Кажется, ему нравится произносить это слово.
Наслаждается тем, как разбивается мое сердце.
Я снова пытаюсь отстраниться от него, и на этот раз он позволяет мне это сделать.
Я поворачиваюсь, чтобы посмотреть в окно. Моргаю в темноте. Я все еще ничего не вижу, ни черта не могу разобрать, но я знаю, что он говорит правду о том, где мы находимся. Длинная подъездная дорога, деревья в конце ее, а за ними… дом с ребенком.
Ребенок и, если мой брат говорит правду, мой муж. Офелия. Джули.
— Почему он здесь? — прохрипела я.
Мне никто не отвечает. Я прижимаю ладонь к окну, шокирующе холодно на моей коже, несмотря на то, что я знаю, что на улице жарко. Но окна подняты, кондиционер мягко струится через вентиляционные отверстия Мерседеса.
— Почему он здесь? — снова требую я, мой голос чуть больше, чем рычание. Я опускаю руку, поворачиваюсь лицом к брату и Николасу. — Откуда мне знать, что ты, блядь, говоришь правду? Откуда мне знать, что ты…
Николас вздыхает, когда глаза Джеремайи сужаются.
Николас подносит свой телефон к моему лицу, экран такой яркий, что мне приходится моргать, чтобы привыкнуть к свету.
Но я вижу.
Темно, и камера работает в ночном режиме, но я вижу гребаную машину моего мужа.
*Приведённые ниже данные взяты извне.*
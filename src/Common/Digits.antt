-- ===== src/Common/Digits.antt =====
-- `str` of a natural number: its decimal digits, as code points.
use Prim.Native.Nat.{ℕ, zero, suc, ◌+◌, ◌-◌, ◌*◌, ◌/◌, ◌%◌, ◌<◌}
use mathlib.Core.Path.{◌≡◌, refl, sym, ap, ◌∙◌}
use mathlib.Core.Logic.{◌≢◌, inl, inr}
use mathlib.Core.List.{[], ◌∷◌, ◌++◌}
use native.Mathlib.Omega.{arith}
use kaasb.Common.Tests.{ltb, if◌then◌else◌, Bool-cases}
use kaasb.Common.CodePoints.{Text}

-- The digits of `n`, by as many rounds as `f` at most.
digits_up_to : ℕ → ℕ → Text
digits_up_to zero n = []
digits_up_to (suc f) n =
    let rest = digits_up_to f (n / 10) ++ (48 + n % 10) ∷ [] in
    if ltb n 10 then (48 + n) ∷ [] else rest

-- A number has fewer digits than its successor counts.
unfoldable pub digits : ℕ → Text
unfolding digits_up_to
digits n = digits_up_to (suc n) n

value_from : ℕ → Text → ℕ
value_from acc [] = acc
value_from acc (c ∷ cs) = value_from (10 * acc + (c - 48)) cs

value_from-append :
    (acc c : ℕ) (s : Text) → value_from acc (s ++ c ∷ []) ≡ 10 * value_from acc s + (c - 48)
unfolding value_from
value_from-append acc c [] = refl
value_from-append acc c (d ∷ s) = value_from-append (10 * acc + (d - 48)) c s

value-digits_up_to : (f n : ℕ) → n < f → value_from 0 (digits_up_to f n) ≡ n
unfolding digits_up_to
value-digits_up_to zero n h = absurd (omega arith)
value-digits_up_to (suc f) n h = elim (Bool-cases (ltb n 10)) [
  | inl short ↦ rw short (unfold value_from in omega arith)
  | inr long ↦ rw long (
      value_from-append 0 (48 + n % 10) (digits_up_to f (n / 10))
      ∙ (let ih = value-digits_up_to f (n / 10) (ground (arith, long)) in omega (arith, ih)))
]

-- Two numbers with the same digits are equal.
pub digits_injective : (m n : ℕ) → digits m ≡ digits n → m ≡ n
unfolding digits
digits_injective m n h =
    sym (value-digits_up_to (suc m) m (omega arith))
    ∙ ap (value_from 0) h
    ∙ value-digits_up_to (suc n) n (omega arith)

snoc_nonempty : (s : Text) (c : ℕ) → s ++ c ∷ [] ≢ []
snoc_nonempty [] c h = cc
snoc_nonempty (d ∷ s) c h = cc

pub digits_nonempty : (n : ℕ) → digits n ≢ []
unfolding digits digits_up_to
digits_nonempty n h = elim (Bool-cases (ltb n 10)) [
  | inl short ↦ absurd (cc (rw short at h))
  | inr long ↦ snoc_nonempty (digits_up_to n (n / 10)) (48 + n % 10) (rw long at h)
]
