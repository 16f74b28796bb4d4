-- ===== src/Common.antt =====
-- Names that every module shares: the libraries', passed on, with tests, lists and tables.
mod Tests
mod Lists
mod Updates
mod Keys
mod CodePoints
mod Digits
pub use Tests.*
pub use Lists.*
pub use Updates.*
pub use Keys.*
pub use CodePoints.*
unfoldable pub use Digits.{digits}
pub use Digits.{digits_injective, digits_nonempty}
pub use Prim.Native.Nat.{ℕ, zero, suc, ◌+◌, ◌-◌, ◌*◌, ◌/◌, ◌%◌, ◌≤◌, ◌<◌, min, max}
pub use Prim.Native.String.{String}
pub use mathlib.Core.Path.{◌≡◌, refl, sym, ap, ap₂, subst, subst₂, ◌∙◌}
pub use mathlib.Core.Logic.{◌≢◌, ◌↔◌, ◌⊎◌, inl, inr}
pub use mathlib.Core.Bool.{Bool, true, false, not, ◌&&◌, ◌||◌}
pub use mathlib.Core.Option.{Option, none, some}
pub use mathlib.Core.List.{List, [], ◌∷◌, ◌++◌, map}
pub use native.Mathlib.Omega.{arith}
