-- ===== src/Db/Status.antt =====
-- The enumerations of backend/app/models: payment.py, contract.py, service.py, dispute.py and
-- admin_audit.py, and those of user.py, proposal.py, message.py and violation_log.py. Each is compared through its position in the class.
use kaasb.Common.{ℕ, ◌≡◌, Bool, true, arith, ◌==◌}

pub data PaymentProvider : Type 0 where
  manual qi_card zain_cash : PaymentProvider

pub data PaymentAccountStatus : Type 0 where
  pending verified suspended : PaymentAccountStatus

pub data TransactionType : Type 0 where
  escrow_fund escrow_release escrow_refund platform_fee payout : TransactionType

pub data TransactionStatus : Type 0 where
  pending processing completed failed refunded cancelled : TransactionStatus

pub data EscrowStatus : Type 0 where
  pending funded released refunded disputed : EscrowStatus

pub data ContractStatus : Type 0 where
  active completed cancelled disputed paused : ContractStatus

pub data MilestoneStatus : Type 0 where
  pending in_progress submitted revision_requested approved paid : MilestoneStatus

pub data JobStatus : Type 0 where
  draft open_status in_progress completed cancelled closed : JobStatus

pub data ServiceStatus : Type 0 where
  draft pending_review needs_revision active paused rejected archived : ServiceStatus

pub data ServiceOrderStatus : Type 0 where
  pending pending_requirements in_progress delivered : ServiceOrderStatus
  revision_requested completed cancelled disputed : ServiceOrderStatus

pub data DisputeStatus : Type 0 where
  open_status under_review resolved_refund resolved_release cancelled : DisputeStatus

pub data PayoutApprovalStatus : Type 0 where
  pending approved rejected cancelled : PayoutApprovalStatus

pub data ProposalStatus : Type 0 where
  pending shortlisted accepted rejected withdrawn : ProposalStatus

pub data UserRole : Type 0 where
  client freelancer admin : UserRole

pub data UserStatus : Type 0 where
  active suspended deactivated pending_verification : UserStatus

pub data ConversationType : Type 0 where
  user order support : ConversationType

pub data SupportTicketStatus : Type 0 where
  open_status in_progress resolved : SupportTicketStatus

pub data SenderRole : Type 0 where
  client freelancer admin system : SenderRole

pub data ViolationType : Type 0 where
  email phone url external_app : ViolationType

pub data ViolationAction : Type 0 where
  warning blocked suspended : ViolationAction

pub data AdminAuditAction : Type 0 where
  escrow_release_requested escrow_released escrow_refunded : AdminAuditAction
  payout_approved payout_rejected payout_marked_paid : AdminAuditAction
  user_status_changed job_status_changed user_promoted_admin user_demoted_admin : AdminAuditAction
  user_promoted_support user_demoted_support : AdminAuditAction
  service_approved service_rejected dispute_resolved : AdminAuditAction

-- A type whose values are told apart by a number.
pub record Coded (A : Type 0) : Type 0 where
  pub index : A → ℕ

infix 50 ◌is◌
abbrev pub ◌is◌ : {A : Type 0} ⦃c : Coded A⦄ → A → A → Bool
◌is◌ ⦃c⦄ a b = c.index a == c.index b

abbrev provider_index : PaymentProvider → ℕ
provider_index manual = 0
provider_index qi_card = 1
provider_index zain_cash = 2

abbrev account_index : PaymentAccountStatus → ℕ
account_index PaymentAccountStatus.pending = 0
account_index verified = 1
account_index PaymentAccountStatus.suspended = 2

abbrev transaction_type_index : TransactionType → ℕ
transaction_type_index escrow_fund = 0
transaction_type_index escrow_release = 1
transaction_type_index escrow_refund = 2
transaction_type_index platform_fee = 3
transaction_type_index payout = 4

abbrev transaction_index : TransactionStatus → ℕ
transaction_index TransactionStatus.pending = 0
transaction_index processing = 1
transaction_index TransactionStatus.completed = 2
transaction_index failed = 3
transaction_index TransactionStatus.refunded = 4
transaction_index TransactionStatus.cancelled = 5

abbrev escrow_index : EscrowStatus → ℕ
escrow_index EscrowStatus.pending = 0
escrow_index funded = 1
escrow_index released = 2
escrow_index EscrowStatus.refunded = 3
escrow_index EscrowStatus.disputed = 4

abbrev contract_index : ContractStatus → ℕ
contract_index ContractStatus.active = 0
contract_index ContractStatus.completed = 1
contract_index ContractStatus.cancelled = 2
contract_index ContractStatus.disputed = 3
contract_index ContractStatus.paused = 4

abbrev milestone_index : MilestoneStatus → ℕ
milestone_index MilestoneStatus.pending = 0
milestone_index MilestoneStatus.in_progress = 1
milestone_index submitted = 2
milestone_index MilestoneStatus.revision_requested = 3
milestone_index MilestoneStatus.approved = 4
milestone_index paid = 5

abbrev service_index : ServiceStatus → ℕ
service_index ServiceStatus.draft = 0
service_index pending_review = 1
service_index needs_revision = 2
service_index ServiceStatus.active = 3
service_index ServiceStatus.paused = 4
service_index ServiceStatus.rejected = 5
service_index archived = 6

abbrev order_index : ServiceOrderStatus → ℕ
order_index ServiceOrderStatus.pending = 0
order_index pending_requirements = 1
order_index ServiceOrderStatus.in_progress = 2
order_index delivered = 3
order_index ServiceOrderStatus.revision_requested = 4
order_index ServiceOrderStatus.completed = 5
order_index ServiceOrderStatus.cancelled = 6
order_index ServiceOrderStatus.disputed = 7

abbrev dispute_index : DisputeStatus → ℕ
dispute_index DisputeStatus.open_status = 0
dispute_index under_review = 1
dispute_index resolved_refund = 2
dispute_index resolved_release = 3
dispute_index DisputeStatus.cancelled = 4

abbrev approval_index : PayoutApprovalStatus → ℕ
approval_index PayoutApprovalStatus.pending = 0
approval_index PayoutApprovalStatus.approved = 1
approval_index PayoutApprovalStatus.rejected = 2
approval_index PayoutApprovalStatus.cancelled = 3

abbrev audit_index : AdminAuditAction → ℕ
audit_index escrow_release_requested = 0
audit_index escrow_released = 1
audit_index escrow_refunded = 2
audit_index payout_approved = 3
audit_index payout_rejected = 4
audit_index payout_marked_paid = 5
audit_index user_status_changed = 6
audit_index job_status_changed = 7
audit_index user_promoted_admin = 8
audit_index user_demoted_admin = 9
audit_index user_promoted_support = 10
audit_index user_demoted_support = 11
audit_index service_approved = 12
audit_index service_rejected = 13
audit_index dispute_resolved = 14

abbrev job_index : JobStatus → ℕ
job_index JobStatus.draft = 0
job_index JobStatus.open_status = 1
job_index JobStatus.in_progress = 2
job_index JobStatus.completed = 3
job_index JobStatus.cancelled = 4
job_index JobStatus.closed = 5

abbrev proposal_index : ProposalStatus → ℕ
proposal_index ProposalStatus.pending = 0
proposal_index ProposalStatus.shortlisted = 1
proposal_index ProposalStatus.accepted = 2
proposal_index ProposalStatus.rejected = 3
proposal_index ProposalStatus.withdrawn = 4

abbrev role_index : UserRole → ℕ
role_index UserRole.client = 0
role_index UserRole.freelancer = 1
role_index UserRole.admin = 2

abbrev user_index : UserStatus → ℕ
user_index UserStatus.active = 0
user_index UserStatus.suspended = 1
user_index UserStatus.deactivated = 2
user_index UserStatus.pending_verification = 3

abbrev conversation_index : ConversationType → ℕ
conversation_index ConversationType.user = 0
conversation_index ConversationType.order = 1
conversation_index ConversationType.support = 2

abbrev ticket_index : SupportTicketStatus → ℕ
ticket_index SupportTicketStatus.open_status = 0
ticket_index SupportTicketStatus.in_progress = 1
ticket_index SupportTicketStatus.resolved = 2

instance abbrev pub job_coded : Coded JobStatus
job_coded = record { index = job_index }

instance abbrev pub proposal_coded : Coded ProposalStatus
proposal_coded = record { index = proposal_index }

instance abbrev pub role_coded : Coded UserRole
role_coded = record { index = role_index }

instance abbrev pub user_coded : Coded UserStatus
user_coded = record { index = user_index }

instance abbrev pub conversation_coded : Coded ConversationType
conversation_coded = record { index = conversation_index }

instance abbrev pub ticket_coded : Coded SupportTicketStatus
ticket_coded = record { index = ticket_index }

instance abbrev pub provider_coded : Coded PaymentProvider
provider_coded = record { index = provider_index }

instance abbrev pub account_coded : Coded PaymentAccountStatus
account_coded = record { index = account_index }

instance abbrev pub transaction_type_coded : Coded TransactionType
transaction_type_coded = record { index = transaction_type_index }

instance abbrev pub transaction_coded : Coded TransactionStatus
transaction_coded = record { index = transaction_index }

instance abbrev pub escrow_coded : Coded EscrowStatus
escrow_coded = record { index = escrow_index }

instance abbrev pub contract_coded : Coded ContractStatus
contract_coded = record { index = contract_index }

instance abbrev pub milestone_coded : Coded MilestoneStatus
milestone_coded = record { index = milestone_index }

instance abbrev pub service_coded : Coded ServiceStatus
service_coded = record { index = service_index }

instance abbrev pub order_coded : Coded ServiceOrderStatus
order_coded = record { index = order_index }

instance abbrev pub dispute_coded : Coded DisputeStatus
dispute_coded = record { index = dispute_index }

instance abbrev pub approval_coded : Coded PayoutApprovalStatus
approval_coded = record { index = approval_index }

instance abbrev pub audit_coded : Coded AdminAuditAction
audit_coded = record { index = audit_index }

pub escrow_is→eq : (s t : EscrowStatus) → (s is t) ≡ true → s ≡ t
escrow_is→eq s t h = ground arith

pub transaction_is→eq : (s t : TransactionStatus) → (s is t) ≡ true → s ≡ t
transaction_is→eq s t h = ground arith

pub approval_is→eq : (s t : PayoutApprovalStatus) → (s is t) ≡ true → s ≡ t
approval_is→eq s t h = ground arith

pub order_is→eq : (s t : ServiceOrderStatus) → (s is t) ≡ true → s ≡ t
order_is→eq s t h = ground arith

pub proposal_is→eq : (s t : ProposalStatus) → (s is t) ≡ true → s ≡ t
proposal_is→eq s t h = ground arith

pub job_is→eq : (s t : JobStatus) → (s is t) ≡ true → s ≡ t
job_is→eq s t h = ground arith
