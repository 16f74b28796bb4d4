-- ===== src/Db/Rows.antt =====
-- The rows of backend/app/models, with the columns that the services test or write. Ids are
-- numbers, times are seconds, and an amount of IQD is held as `Numeric(12, 4)` holds it: in
-- ten-thousandths.
use kaasb.Common.{ℕ, String, Text, ◌≡◌, Bool, true, false, Option, none, some, List, ◌==◌, arith}
use kaasb.Db.Status.{
  PaymentProvider, PaymentAccountStatus, TransactionType, TransactionStatus, EscrowStatus,
  ContractStatus, MilestoneStatus, JobStatus, ServiceStatus, ServiceOrderStatus, DisputeStatus,
  PayoutApprovalStatus, AdminAuditAction, ProposalStatus, UserRole, UserStatus, ConversationType,
  SupportTicketStatus, SenderRole, ViolationType, ViolationAction,
}

-- What `external_transaction_id` holds, by how the code makes it: `escrow-<milestone id>`,
-- `gig-order-<order id>`, `gig-order-` before text that is no id, an operation id of Zain Cash, or a
-- generated `release_…`, `refund_…` or `payout_…`.
pub data ExternalRef : Type 0 where
  escrow_ref gig_order_ref gig_order_text operation generated : ℕ → ExternalRef

abbrev pub ref_eq : ExternalRef → ExternalRef → Bool
ref_eq (escrow_ref a) (escrow_ref b) = a == b
ref_eq (gig_order_ref a) (gig_order_ref b) = a == b
ref_eq (gig_order_text a) (gig_order_text b) = a == b
ref_eq (operation a) (operation b) = a == b
ref_eq (generated a) (generated b) = a == b
ref_eq _ _ = false

-- A nullable column that a query compares with a value: NULL matches nothing.
abbrev pub holds : Option ℕ → ℕ → Bool
holds none k = false
holds (some j) k = j == k

abbrev pub holds_ref : Option ExternalRef → ExternalRef → Bool
holds_ref none r = false
holds_ref (some q) r = ref_eq q r

abbrev pub holds_provider : Option PaymentProvider → PaymentProvider → Bool
holds_provider none p = false
holds_provider (some PaymentProvider.manual) PaymentProvider.manual = true
holds_provider (some PaymentProvider.qi_card) PaymentProvider.qi_card = true
holds_provider (some PaymentProvider.zain_cash) PaymentProvider.zain_cash = true
holds_provider (some _) _ = false

pub record PaymentAccount : Type 0 where
  pub id : ℕ
  pub user_id : ℕ
  pub provider : PaymentProvider
  pub status : PaymentAccountStatus
  pub qi_card_phone : Option String
  pub qi_card_holder_name : Option String
  pub qi_card_account_number : Option String
  pub is_default : Bool
  pub verified_at : Option ℕ

pub record Transaction : Type 0 where
  pub id : ℕ
  pub transaction_type : TransactionType
  pub status : TransactionStatus
  pub amount : ℕ
  pub platform_fee : ℕ
  pub net_amount : ℕ
  pub payer_id : Option ℕ
  pub payee_id : Option ℕ
  pub contract_id : Option ℕ
  pub milestone_id : Option ℕ
  pub provider : Option PaymentProvider
  pub external_transaction_id : Option ExternalRef
  pub completed_at : Option ℕ

pub record Escrow : Type 0 where
  pub id : ℕ
  pub amount : ℕ
  pub platform_fee : ℕ
  pub freelancer_amount : ℕ
  pub status : EscrowStatus
  pub contract_id : Option ℕ
  pub milestone_id : Option ℕ
  pub service_order_id : Option ℕ
  pub client_id : ℕ
  pub freelancer_id : ℕ
  pub funding_transaction_id : Option ℕ
  pub release_transaction_id : Option ℕ
  pub funded_at : Option ℕ
  pub released_at : Option ℕ
  pub version : ℕ

pub record Milestone : Type 0 where
  pub id : ℕ
  pub contract_id : ℕ
  pub order : ℕ
  pub amount : ℕ
  pub status : MilestoneStatus
  pub submitted_at : Option ℕ
  pub approved_at : Option ℕ
  pub paid_at : Option ℕ
  pub submission_note : Option Text
  pub feedback : Option Text

pub record Contract : Type 0 where
  pub id : ℕ
  pub total_amount : ℕ
  pub amount_paid : ℕ
  pub status : ContractStatus
  pub job_id : ℕ
  pub proposal_id : ℕ
  pub client_id : ℕ
  pub freelancer_id : ℕ
  pub started_at : ℕ
  pub completed_at : Option ℕ

pub record Job : Type 0 where
  pub id : ℕ
  pub budget_max : Option ℕ
  pub status : JobStatus
  pub client_id : ℕ
  pub freelancer_id : Option ℕ
  pub proposal_count : ℕ
  pub published_at : Option ℕ
  pub closed_at : Option ℕ

pub record Proposal : Type 0 where
  pub id : ℕ
  pub bid_amount : ℕ
  pub status : ProposalStatus
  pub job_id : ℕ
  pub freelancer_id : ℕ
  pub client_note : Option Text
  pub submitted_at : ℕ
  pub responded_at : Option ℕ

pub record User : Type 0 where
  pub id : ℕ
  pub email : Text
  pub username : Text
  pub hashed_password : Option Text
  pub is_email_verified : Bool
  pub google_id : Option Text
  pub facebook_id : Option Text
  pub avatar_url : Option Text
  pub phone : Option Text
  pub primary_role : UserRole
  pub status : UserStatus
  pub is_superuser : Bool
  pub is_support : Bool
  pub total_earnings : ℕ
  pub total_spent : ℕ
  pub jobs_completed : ℕ
  pub chat_violations : ℕ
  pub chat_suspended_until : Option ℕ
  pub last_login : Option ℕ
  pub is_online : Bool
  pub failed_login_attempts : ℕ
  pub locked_until : Option ℕ
  pub token_version : ℕ
  pub terms_accepted_at : Option ℕ

pub record RefreshToken : Type 0 where
  pub id : ℕ
  pub created_at : ℕ
  pub updated_at : ℕ
  pub token_hash : Text
  pub user_id : ℕ
  pub expires_at : ℕ
  pub revoked : Bool

pub record PhoneOtp : Type 0 where
  pub id : ℕ
  pub created_at : ℕ
  pub phone : Text
  pub otp_hash : Text
  pub expires_at : ℕ
  pub is_used : Bool
  pub attempts : ℕ

pub record Conversation : Type 0 where
  pub id : ℕ
  pub participant_one_id : ℕ
  pub participant_two_id : ℕ
  pub conversation_type : ConversationType
  pub job_id : Option ℕ
  pub order_id : Option ℕ
  pub last_message_text : Option Text
  pub last_message_at : Option ℕ
  pub message_count : ℕ
  pub unread_one : ℕ
  pub unread_two : ℕ
  pub support_status : Option SupportTicketStatus
  pub support_assignee_id : Option ℕ
  pub support_resolved_at : Option ℕ

pub record Message : Type 0 where
  pub id : ℕ
  pub content : Text
  pub is_read : Bool
  pub read_at : Option ℕ
  pub is_system : Bool
  pub attachments : List String
  pub conversation_id : ℕ
  pub sender_id : ℕ
  pub sender_role : SenderRole

pub record ViolationLog : Type 0 where
  pub user_id : ℕ
  pub violation_type : ViolationType
  pub content_detected : Text
  pub action_taken : ViolationAction

-- `revisions_remaining` counts down; -1 stands for unlimited.
pub data ℤ : Type 0 where
  pos : ℕ → ℤ
  negsuc : ℕ → ℤ

pub record ServicePackage : Type 0 where
  pub id : ℕ
  pub price : ℕ
  pub delivery_days : ℕ
  pub revisions : ℤ

-- A service without `requirement_questions` (NULL) has an empty list of them.
pub record Service : Type 0 where
  pub id : ℕ
  pub freelancer_id : ℕ
  pub status : ServiceStatus
  pub requirement_questions : List String
  pub packages : List ServicePackage
  pub orders_count : ℕ

-- What `dispute_resolution` says.
pub data DisputeResolution : Type 0 where
  released_to_freelancer refunded_to_client : DisputeResolution

pub record ServiceOrder : Type 0 where
  pub id : ℕ
  pub created_at : ℕ
  pub service_id : ℕ
  pub package_id : ℕ
  pub client_id : ℕ
  pub freelancer_id : ℕ
  pub status : ServiceOrderStatus
  pub requirement_answers : Option (List String)
  pub requirements_submitted_at : Option ℕ
  pub price_paid : ℕ
  pub delivery_days : ℕ
  pub revisions_remaining : ℤ
  pub due_date : Option ℕ
  pub delivered_at : Option ℕ
  pub completed_at : Option ℕ
  pub cancelled_by : Option ℕ
  pub dispute_reason : Option Text
  pub dispute_opened_at : Option ℕ
  pub dispute_opened_by : Option ℕ
  pub dispute_resolved_at : Option ℕ
  pub dispute_resolution : Option DisputeResolution

pub record ServiceOrderDelivery : Type 0 where
  pub id : ℕ
  pub order_id : ℕ
  pub message : String
  pub files : List String
  pub revision_number : ℕ

pub record Dispute : Type 0 where
  pub id : ℕ
  pub order_id : ℕ
  pub by_client : Bool
  pub status : DisputeStatus
  pub admin_id : Option ℕ
  pub admin_notes : Option Text
  pub resolved_at : Option ℕ

pub record PayoutApproval : Type 0 where
  pub id : ℕ
  pub escrow_id : ℕ
  pub requested_by_id : Option ℕ
  pub decided_by_id : Option ℕ
  pub amount : ℕ
  pub status : PayoutApprovalStatus
  pub request_note : Option Text
  pub decision_note : Option Text
  pub decided_at : Option ℕ

-- What `target_type` says.
pub data AuditTarget : Type 0 where
  escrow payout_approval transaction user job : AuditTarget

-- `target_id` and `amount` are nullable.
pub record AdminAuditLog : Type 0 where
  pub admin_id : ℕ
  pub action : AdminAuditAction
  pub target_type : AuditTarget
  pub target_id : Option ℕ
  pub amount : Option ℕ
  pub created_at : ℕ

-- The source's four further names are aliases of the `service_…` types.
pub data NotificationType : Type 0 where
  proposal_received proposal_accepted proposal_rejected proposal_shortlisted : NotificationType
  contract_created contract_completed : NotificationType
  milestone_funded milestone_submitted milestone_approved milestone_revision : NotificationType
  payment_received payout_completed review_received new_message : NotificationType
  service_approved service_rejected service_submitted service_needs_revision : NotificationType
  dispute_opened dispute_resolved : NotificationType
  buyer_request_offer_received buyer_request_offer_accepted : NotificationType
  buyer_request_offer_rejected : NotificationType
  order_requirements_submitted order_delivered order_auto_completed : NotificationType
  seller_level_upgraded chat_violation_warning system_alert : NotificationType

pub record Notification : Type 0 where
  pub user_id : ℕ
  pub kind : NotificationType

pub ref_eq→eq : (a b : ExternalRef) → ref_eq a b ≡ true → a ≡ b
ref_eq→eq a b h = ground arith

pub ref_eq_refl : (a : ExternalRef) → ref_eq a a ≡ true
ref_eq_refl (escrow_ref a) = ground arith
ref_eq_refl (gig_order_ref a) = ground arith
ref_eq_refl (gig_order_text a) = ground arith
ref_eq_refl (operation a) = ground arith
ref_eq_refl (generated a) = ground arith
BMW M5, черный и затюнингованный, припаркованный за гребаным домом, за джипом. Там еще и велосипед. Для ребенка.
Как и в ту ночь.
Прислонен к маленькому сарайчику на заднем дворе дома.
— К счастью для нас, — мурлычет Джеремайя, пока я смотрю на машину мужа, перед камерой летают жуки, но в остальном пленка идеальна, — они только сегодня их установили. Твой муж, чтобы, — Джей почти подавился этим словом, — обеспечить ее безопасность, — он выкрикивает последнее слово, и Николас выхватывает у меня телефон, убирая его в карман.
У меня защемило в груди.
Я пытаюсь рассуждать сама с собой. Я оставила его. Кроме того, может быть, что-то случилось. Может, он зол на шестерых. Может, он действительно убьет их всех на хрен, а пока он хочет обезопасить Джули и ребенка.